Wooden toy Mordheim House

Published 22 August 2021


This is a ruined city house, with its roof destroyed by a fallen meteor.


And it all started with this nice looking little wooden house. I had seen it in my local second hand shop a couple of time. I picked it a few times, wondering what I could do with it, and always put it back. I thought the scale was off, and that fixing the giant holes in the roof would be a pain. And even if I did, it would make playing in it pretty hard.

Then one day, it occurred to me that the giant holes might not need fixing; that they might actually be desirable if I wanted to craft a meteor-destroyed house.



So I started adding wooden beams on the outside, to better delimit the ground and first floor. Those are made from insulation foam, and textured with a wood scraping brush.

I also put the same kind of wood/foam at the house angles. I hat laying bricks at angles, so this provides a nice shortcut to cover the angles and still make it look like some kind of medieval construction.


I then started laying bricks on all walls, even the interior ones. I decided not to glue this build on a base. Because the structure is already so durable (trust me, it's some really heavy and strong wood there), I knew I could just pick the build and lay it on the board anywhere and it wouldn't need a base.


More bricks, and a chimney. I glues some pins at the top of the chimney to simulate a top exhaust. Not sure if the illusion works though.


More and more brick laying. This took some time, but I did it while listening to the Dungeons of Drakkenheim podcast (very fitting in terms of atmosphere), so I had a good time.


Almost there. As you can see, I can hold the whole structure in one hand and everything stays attached. This is one of my most (if not the most) durable builds.



Now is time to cover the top floor with some wood. I took a lot of ice cream sticks, cut their rounded ends and textured them to add wood grain.


Here is what I use. It's a corx screwdriver, it has a star-like shape and with two or three passes on a stick, it simulates veins of a wooded plank.


Then I cut them into smaller bits, so I could glue them into some sem-irregular pattern (one long and one small, in alternate rows).


For durability, I used a glue gun to glue them all, but this required some precise timing as I had to glue them quickly before the glue got cold and some were sometimes hard to get to.

Upper walls


I wasn't exactly sure at first about what to do with the round windows. I decided to glue small "wood" blocks all around it. It does not make much sense from a real-life POV, but the crafting result looks good.
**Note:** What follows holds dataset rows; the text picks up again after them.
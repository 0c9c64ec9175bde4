-- ===== src/Script/Tests.antt =====
-- Runs of scripts, and the theorems at concrete inputs.
use tetra.Prelude.{
  ℕ, ◌*◌, ◌≤◌, ◌≡◌, ◌≢◌, ◌↔◌, refl, true, false, ◌&&◌, List, [], ◌∷◌, ◌++◌, some, arith,
}
use tetra.Script.Opcode.{value, opcode_of, value-opcode_of}
use tetra.Script.Parse.{
  get_op, push_data, push_prefix, push_all, script_for_key_id, script_for_script_id,
}
use tetra.Script.Parse.Laws.{get_op-push_data, push_opcode}
use tetra.Script.Walk.{get_sig_op_count}
use tetra.Script.Walk.Counts.{get_sig_op_count_bounds}
use tetra.Script.Number.{cast_to_bool, getvch, of_int}
use tetra.Script.Machine.{same, if_op, else_op, endif_op}
use tetra.Script.Compute.{check, match_sigs, hash160}
use tetra.Script.Compute.Multisig.{Matches, match_sigs_iff}
use tetra.Script.Eval.{
  accepted, out_of_fuel, eval_script, eval_loop, verify_script, execute, dispatch, step, count_op,
  finish, is_disabled, all_true,
}
use tetra.Script.Eval.Limits.{WithinLimits, eval_script_limits, eval_script-ne-out_of_fuel}
use tetra.Script.Eval.Rounds.{eval_script-push_all}
use tetra.Script.Eval.Standard.{verify_script-key_id, key_id_check}
use tetra.Script.Eval.ScriptHash.{verify_script-script_id, succeeds}
use tetra.Script.Samples.{sample, a_key, a_hash}

value-opcode_of_example : value (opcode_of 0x76) ≡ 0x76
value-opcode_of_example = value-opcode_of 0x76 (omega arith)

get_op-push_data_example :
    get_op (push_data [] (1 ∷ 2 ∷ []) ++ (0xac ∷ [])) ≡ some (push_opcode 2, 1 ∷ 2 ∷ [], 0xac ∷ [])
get_op-push_data_example = get_op-push_data (1 ∷ 2 ∷ []) (0xac ∷ []) (omega arith)

get_sig_op_count_bounds_example :
    (get_sig_op_count true (0x52 ∷ 0xae ∷ []) ≤ get_sig_op_count false (0x52 ∷ 0xae ∷ []))
    × (get_sig_op_count false (0x52 ∷ 0xae ∷ []) ≤ 20 * 2)
get_sig_op_count_bounds_example = get_sig_op_count_bounds (0x52 ∷ 0xae ∷ [])

match_sigs_iff_example :
    (match_sigs sample [] (a_key ∷ []) (a_hash ∷ a_key ∷ []) ≡ true)
    ↔ Matches (check sample []) (a_key ∷ []) (a_hash ∷ a_key ∷ [])
match_sigs_iff_example = match_sigs_iff sample [] (a_key ∷ []) (a_hash ∷ a_key ∷ [])

-- 1 IF 2 ELSE 3 ENDIF
abbrev branches : List ℕ
branches = 0x51 ∷ 0x63 ∷ 0x52 ∷ 0x67 ∷ 0x53 ∷ 0x68 ∷ []

branches_run : eval_script sample [] branches ≡ accepted ((2 ∷ []) ∷ [])
unfolding eval_script eval_loop step dispatch execute count_op finish is_disabled all_true get_op
    opcode_of value if_op else_op endif_op cast_to_bool getvch of_int
branches_run = refl

eval_script_limits_example : WithinLimits branches [] ((2 ∷ []) ∷ [])
eval_script_limits_example = eval_script_limits sample [] ((2 ∷ []) ∷ []) branches branches_run

eval_script-ne-out_of_fuel_example : eval_script sample [] branches ≢ out_of_fuel
eval_script-ne-out_of_fuel_example = eval_script-ne-out_of_fuel sample [] branches

eval_script-push_all_example :
    eval_script sample [] (push_all (a_key ∷ a_hash ∷ [])) ≡ accepted (a_hash ∷ a_key ∷ [])
unfolding push_all push_data push_prefix
eval_script-push_all_example =
    eval_script-push_all sample (a_key ∷ a_hash ∷ []) [] (omega arith) (omega arith) (omega arith)

verify_script-key_id_example :
    verify_script sample false (push_all (a_key ∷ a_key ∷ [])) (script_for_key_id a_hash)
    ≡ accepted (same (hash160 sample a_key) a_hash && key_id_check sample a_hash a_key a_key)
verify_script-key_id_example =
    verify_script-key_id sample false a_hash a_key a_key (omega arith) (omega arith) (omega arith)

verify_script-script_id_example :
    verify_script sample true (push_all (a_key ∷ (0x51 ∷ []) ∷ [])) (script_for_script_id a_hash)
    ≡ accepted (
        same (hash160 sample (0x51 ∷ [])) a_hash
        && succeeds (eval_script sample (a_key ∷ []) (0x51 ∷ [])))
unfolding push_all push_data push_prefix
verify_script-script_id_example =
    verify_script-script_id sample a_hash (0x51 ∷ []) (a_key ∷ []) (omega arith) (omega arith)
      (omega arith) (omega arith) (omega arith)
Covered the first floor walls with some matte gel to give it some texture.



And then started painting. My modpodge/black paint mix was a bit too diluted. I used china black ink instead of craft paint thinking that the coverage would be better but... china ink is very liquid compared to craft paint and even if the pigment is stronger, it also added a lot of "water" to my mix, resulting in a way less covering result.


Still, I started painting on it. In hindsight, it was a mistake. I should have covered the whole structure in a second (or third) layer so it would be completely black. Because I skipped this step, the underlying red can be seen between the cracks of the bricks in some places.


After a few coats, it starts to look good!



With a mini for scale. Now what I need to do is add the shingles around those giant holes.


I went with shingles of greatly varying sizes, to give this a disarrayed look, which is how I envision the old cities of the Warhammer world, with their crumbling turrets built in defiance of gravity.


For the top ridge, I wanted to add some decoration and had this plastic snake laying around, so I glued them and covered it in more shingles. In hindsight, this was a mistake. The final look of the top of the roof is weird, and I should just have cut the snake head and glued is below the roof line.


To kinda make up for my mistake I added another wooden beam on top. I honestly can't say if it's better or worse.


This time I applied several coats of my highly diluted mixture, to be sure to cover all the shingles well (I don't want to have any Golden Grahams logo showing through!)


First coat is a deep red.


Drybrush of a more orange red.


And finally a real orange on the last layer. The several layers of mixture I added to the shingles added some irregular grit which is a fortunate side effect.


The effect under my desk light was very dramatic!


I then added a wash, which had the unfortunate effect to create rippled on some of the shingles. I think it's because the pigment of the paint somehow interacted with the plastic coating of the cardboard, dissolving it. It sure added some interesting texture to the build but not what I had been looking for.


And once dried, it gave way to that pretty nice gritty effect.


I went on and colored more individual shingles in various tones of red and orange, more like a real roof.


This, alongside a similar effect done on the wall stones gave a lot more life to the build.


I added another wash on top; otherwise the colored shingles were way too visible.


And then, we could move to flocking the whole piece.


And putting watered down PVA glue on everything to really seal the flocking. This phase is still a bit scary to me. The build looks like a real mess at that stage with all those white splatters everywhere. Thankfully it all turns transparent when it's absorbed by the cardboard.

Final result




And a few glamor shots of the final results. I'm very pleased with this build. Mostly because it is durable and that's one of the main qualities I look for in my builds. But also because it conveys this feeling of decrepit city hit by a meteor very well.